The reckoner below outlines the disposal guidelines for different categories of packaging material used, such as multi-layer plastics, paper and PET. The purpose of this reckoner is also to provide an opportunity for more consistent communication with our consumers in order to make informed decisions on how to capture recyclable material for recycling thereby reducing environmental pollution.
The disposal guidelines are brand independent. The images of products are for illustrative purpose only. Consumerism has increased the amount of plastic waste generated, and hence a 'circular economy' is imperative to facilitate the integration of economic and environmental well-being in a sustainable way. As a consumer goods industry, we need to overcome the challenges of the linear model” 'take-make-dispose', by moving to 'circular economy' with a focus on improving recycling, promoting re-use, and redesigning products.
Energy is a significant material aspect for Tata Chemicals. Energy-related goals are taken according to the Balance Score Card and Responsible Manufacturing Index.
Mithapur uses coal with co-gen facility. A small quantity of wind power is used by Mithapur in its township. The cement production at Mithapur falls under the Perform, Achieve & Trade (PAT) scheme.
To manage the downstream energy consumption, TCL dispatches more than 90% (touching 98% for TCNA) volume of its total products through rail transport. We use highly efficient state-of-the-art product transporting modes such as Lupa Bulkers, ISO tankers.
We have various energy savings drives at our warehouses and CFAs for Soda Ash and Salt.
Emissions are critical to the organisation as they have impact on climate change and air quality. Emission-related goals are measured against Balance Score Card and Responsible Manufacturing Index. Over the years, TCL has introduced internal norms to provide a safer and better environment for the surrounding communities. The stacks are monitored as per the schedule made under ISO 14001 and results are well within the limits. Furthermore, all environmental regulations are being adhered to, and in-house monitoring is done on a daily basis. Half-yearly external monitoring is also done by a third party.
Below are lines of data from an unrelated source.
-- ===== src/Collector/Scan/Finish.antt =====
-- The page at the head of the list in `_mark_reachable`: when it is left, it has no reachable object, and
-- what its objects point to waits on the list.
use mathlib.Core.List.{Memᴰ}
use native.Mathlib.Nat.{le_trans}
use sgcl.Base.{
  ℕ, ◌/◌, ◌%◌, ◌≤◌, ◌<◌, ◌≡◌, sym, ap, ◌∙◌, arith, true, false, ◌==◌, inl, inr, ◌⊎◌, List,
  Bool-cases, ==→eq,
}
use sgcl.Base.Bits.{testbit, testbit-zero}
use sgcl.Page.{Flags, flags_count}
use sgcl.Heap.{Heap, page_at}
use sgcl.Collector.Bits.{is_registered, is_reachable, is_marked}
use sgcl.Collector.Frame.{Frame, Frame-trans, SameSweep, SameSweep-trans}
use sgcl.Collector.Measure.{
  IsWithin, IsWithin-Frame, unmarked, unmarked_mono, potential, unreached_mono, is_registered-Frame,
}
use sgcl.Collector.Mark.{update_childs}
use sgcl.Collector.Mark.Cover.{Step, Step-trans}
use sgcl.Collector.Mark.Queue.{IsFlagged}
use sgcl.Collector.Mark.Pointers.{update_childs-Step, flag_at-update_childs}
use sgcl.Collector.Scan.{scan_page, finish_page}
use sgcl.Collector.Scan.Ends.{IsClear, scan_page_ends, flags_count-Frame}
use sgcl.Collector.Scan.Falls.{IsReady}
use sgcl.Collector.Scan.Leave.{leave_list, leave_list-Frame, leave_list-SameSweep}

-- Every registered object is in a group of its page.
abbrev pub IsGrouped : Heap → Type 0
IsGrouped h = (a k : ℕ) → is_registered h a k ≡ true → k / 64 < flags_count (page_at h a)

pub IsGrouped-Frame : {h h' : Heap} → Frame h h' → IsGrouped h → IsGrouped h'
IsGrouped-Frame {h} {h'} f g a k r =
    ground (arith, flags_count-Frame a f, g a k (sym (is_registered-Frame a k f) ∙ r))

-- The page `a` was worked off.
pub record Finished (size : ℕ → ℕ) (pages : List ℕ) (a : ℕ) (h h' : Heap) : Type 0 where
  pub frame : Frame h h'
  pub ready : IsReady h'
  pub marks : (b k : ℕ) → is_marked h b k ≡ true → is_marked h' b k ≡ true
  pub waits :
      (b : ℕ)
      → (page_at h' b).reachable ≡ true
      → ((page_at h b).reachable ≡ true) ⊎ Memᴰ b h'.reachable_pages
  pub left : (page_at h' a).reachable ≡ false
  pub listed : (b : ℕ) → Memᴰ b h.reachable_pages → Memᴰ b h'.reachable_pages
  pub sweeping : SameSweep h h'
  pub spends : potential size pages h' ≤ potential size pages h

update_childs-IsReady : (c : ℕ) (h : Heap) → IsReady h → IsReady (update_childs c h)
update_childs-IsReady c h r = record {
  cache = Step.cache (update_childs-Step c h) r.cache;
  flags = Step.flags (update_childs-Step c h) r.flags;
  fresh = λ b k p.
      ap (λ (f : Flags). testbit f.marked (k % 64)) (flag_at-update_childs c h b (k / 64))
      ∙ r.fresh b k (
          ap (λ (f : Flags). testbit f.reachable (k % 64))
            (sym (flag_at-update_childs c h b (k / 64)))
          ∙ p);
}

-- A page whose words are zero has no reachable object.
no_reachable :
    (a : ℕ) (h : Heap)
    → IsGrouped h
    → IsFlagged h
    → IsClear a (flags_count (page_at h a)) h
    → (k : ℕ) → is_reachable h a k ≡ false
no_reachable a h g f c k = elim (Bool-cases (is_reachable h a k)) [
  | inr n ↦ n
  | inl r ↦
      ap (λ w. testbit w (k % 64)) (c (k / 64) (g a k (f.registered a k r))) ∙ testbit-zero (k % 64)
]

leave_list-IsReady :
    (a : ℕ) (h : Heap)
    → ((k : ℕ) → is_reachable h a k ≡ false)
    → IsReady h
    → IsReady (leave_list a h)
leave_list-IsReady a h none r = record {
  cache = r.cache;
  flags = record {
    flagged = λ b k p. elim (Bool-cases (a == b)) [
      | inl e ↦ absurd (ground (arith, none k, ==→eq a b e))
      | inr e ↦ ground (arith, r.flags.flagged b k)
    ];
    registered = λ b k p. ground (arith, r.flags.registered b k);
    small = λ b i. ground (arith, r.flags.small b i);
  };
  fresh = λ b k p. ground (arith, r.fresh b k);
}

pub finish_page_lem :
    (size : ℕ → ℕ) (pages : List ℕ) (fuel a : ℕ) (h : Heap)
    → IsWithin size pages h
    → IsGrouped h
    → IsReady h
    → unmarked size pages h < fuel
    → Finished size pages a h (finish_page fuel a h)
unfolding finish_page
finish_page_lem size pages fuel a h w g r lt = record {
  frame = Frame-trans s.frame (leave_list-Frame a h2);
  ready =
      leave_list-IsReady a h2
        (no_reachable a h2 (IsGrouped-Frame s.frame g) end.1.flags
          (λ m lo. end.2 m (ground (arith, flags_count-Frame a end.0.frame))))
        end.1;
  marks = λ b k m. ground (arith, s.marks b k m);
  waits = λ b p. s.lists.fresh b (ground arith);
  left = ground arith;
  listed = s.lists.listed;
  sweeping = SameSweep-trans s.sweeping (leave_list-SameSweep a h2);
  spends = le_trans (same_potential h2) (s.spends size pages w);
}
  where
    h1 : Heap
    h1 = update_childs (page_at h a).metadata.child_pointers h

    h2 : Heap
    h2 = scan_page fuel a h1

    first : Step h h1
    first = update_childs-Step (page_at h a).metadata.child_pointers h

    end : Step h1 h2 × IsReady h2 × IsClear a (flags_count (page_at h1 a)) h2
    end =
        scan_page_ends size pages fuel a h1 (IsWithin-Frame size pages first.frame w)
          (update_childs-IsReady _ h r)
          (omega (arith, unmarked_mono size pages first.frame first.marks))

    s : Step h h2
    s = Step-trans first end.0

    same_potential : (h : Heap) → potential size pages (leave_list a h) ≤ potential size pages h
    same_potential h =
        omega (arith, unreached_mono size pages (leave_list-Frame a h) (λ b k r. ground arith))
The organisation measures emissions from the combustion processes using continuous emission and opacity monitors. Combustion of natural gas and coal for electrical and steam generation result in NOx and SOx emissions.
Emissions at Mithapur are reduced by taking up initiatives like MUW FBD and vacuum system modifications, utilisation of effluent solids in cement manufacturing, renewable energy generation by wind mill and increase of production of bicarbonate.
Water being a significant natural resource, is an important issue for Tata Chemicals. All measures to reduce water usage are implemented and water sources are metered and monitored regularly. The organisation has set forth stringent targets year-on-year to reduce water consumption, and reviews them on a weekly basis. TCL, India carried out a detailed water footprint and sustainability assessment as per the Water Footprint Network Netherlands methodology. Direct product water footprints and site water footprints were established for blue, green and grey water.
TCSRD (Tata Chemicals Society for Rural Development) has been implementing various water conservation projects especially in Mithapur region, where non-availability of quality water is a big concern.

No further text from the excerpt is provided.